I have tried stopping the md device, running force reassembles, removing/readding sda5 from the device/etc. No change in behavior.
I was able to completely recreate the array with the following command:
mdadm --stop /dev/md2
mdadm --verbose \
--create /dev/md2 --chunk=64 --level=5 \
--raid-devices=5 missing /dev/sdb5 /dev/sdc5 /dev/sdd5 /dev/sde5
which brought the array back to this state:
md2 : active raid5 sde5[4] sdd5[3] sdc5[2] sdb5[1]
11702126592 blocks super 1.2 level 5, 64k chunk, algorithm 2 [5/4] [_UUUU]
I then re-added /dev/sda5:
mdadm --manage /dev/md2 --add /dev/sda5
after which it started a rebuild:
md2 : active raid5 sda5[5] sde5[4] sdd5[3] sdc5[2] sdb5[1]
11702126592 blocks super 1.2 level 5, 64k chunk, algorithm 2 [5/4] [_UUUU]

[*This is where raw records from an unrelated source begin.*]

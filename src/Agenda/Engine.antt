-- ===== src/Agenda/Engine.antt =====
-- src/pic_agentic/agenda/engine.py: what the engine is given, its policy and the outcome of a tick.
pub mod Hashing
pub mod Gates
pub mod Observe
pub mod Submit
pub mod Report
pub mod Run
mod Examples
use pic_agentic.Common.{ℕ, String, Bool, true, false, Option, none, some, List, [], ◌∷◌, ◌++◌}
use pic_agentic.Common.Dict.{Dict}
use pic_agentic.Common.Float.{Float}
use pic_agentic.Common.Value.{Fields}
use pic_agentic.Agenda.Budget.{Budget, BudgetUsage}
use pic_agentic.Agenda.Planner.{Pydantic}
use pic_agentic.Agenda.Campaign.{CampaignState, TickState, Callback, Campaign}

pub record ActualUsage : Type 0 where
  pub core_hours : Float
  pub gpu_hours : Float
  pub is_gpu : Bool

pub record FailureInfo : Type 0 where
  pub error : Option String
  pub error_code : Option String
  pub stage : Option String

pub record SuspectInfo : Type 0 where
  pub warning : String

-- What the engine reads of a `ReuseRecord` of src/pic_agentic/agenda/reuse.py.
pub record Reusable : Type 0 where
  pub sim_id : String
  pub run_id : Option String

-- How the call of `submit` ends: the acknowledged simulation id; a `TransientSubmitError`, with the
-- time at which it is handled; or any other exception.
pub data Outcome : Type 0 where
  acknowledged : String → Outcome
  transient : (message : String) (error_code sim_id : Option String) (now : ℕ) → Outcome
  rejected : (message : String) (error_code stage : Option String) → Outcome

-- Times are in microseconds, and so is the window of deferral.
pub record EnginePolicy : Type 0 where
  pub max_submits_per_tick : ℕ
  pub require_approval : Bool
  pub approve_over_est_core_hours : Option Float
  pub deferred_outcome_timeout : ℕ

-- A lookup that was injected or not, and that returns or raises.
abbrev pub Lookup : Type 0 → Type 0
Lookup A = Option (Option (Dict A))

-- `self.lookup()` where nothing, and an exception, count as an empty mapping
abbrev pub looked_up : {A : Type 0} → Lookup A → Dict A
looked_up none = []
looked_up (some none) = []
looked_up (some (some d)) = d

-- What the engine holds, and what its injected callables answer during one tick. The hash of a
-- canonical JSON text, the digest of a key, the clock's texts and the messages are parameters.
pub record Engine : Type 0 where
  pub pydantic : Pydantic
  pub budget_override : Option Budget
  pub policy : EnginePolicy
  pub approve : Option (String → Bool)
  pub submit : Fields → String → Outcome
  pub observed : Dict String
  pub failures : Lookup FailureInfo
  pub suspects : Lookup SuspectInfo
  pub actuals : Lookup ActualUsage
  pub reuse_lookup : Option (String → Option Reusable)
  pub records_reuse : Bool
  pub reuse_key : Option (Fields → Option Fields → String)
  pub spec_hash : Fields → String
  pub digest : String → String
  pub utc_now_iso : String
  pub format_ts : ℕ → String
  pub parse_ts : String → Option ℕ
  pub duplicate_message : String → String → String
  pub validation_message : String
  pub decimal : ℕ → String
  pub timeout_message : ℕ → ℕ → String → String → String

pub record FailureGroup : Type 0 where
  pub error_code : Option String
  pub stage : Option String
  pub message : String
  pub paths : List String

pub record TickResult : Type 0 where
  pub submitted : List String
  pub pending_approval : List String
  pub waiting : List String
  pub deferred : List String
  pub done : List String
  pub failed : List String
  pub reused : List String
  pub complete : Bool
  pub usage : BudgetUsage
  pub callbacks : List Callback
  pub failure_groups : List FailureGroup
  pub failure_summary : Option String
  pub suspects : Dict String
  pub state : TickState
  pub lifecycle : CampaignState
  pub held : List String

[>....................] recovery = 0.1% (4569508/2925531648) finish=908.3min speed=53595K/sec
Note the position of the "missing" drive matching the exact position of the missing slot.
Once this finishes, I think I'll probably pull the questionable drive and have it rebuild again.
I am looking for any suggestions as to whether there is any "less scary" way to do this repair - or if anyone has gone through this experience with a Synology array and knows how to force it to rebuild other than taking the md device offline and recreating the array from scratch.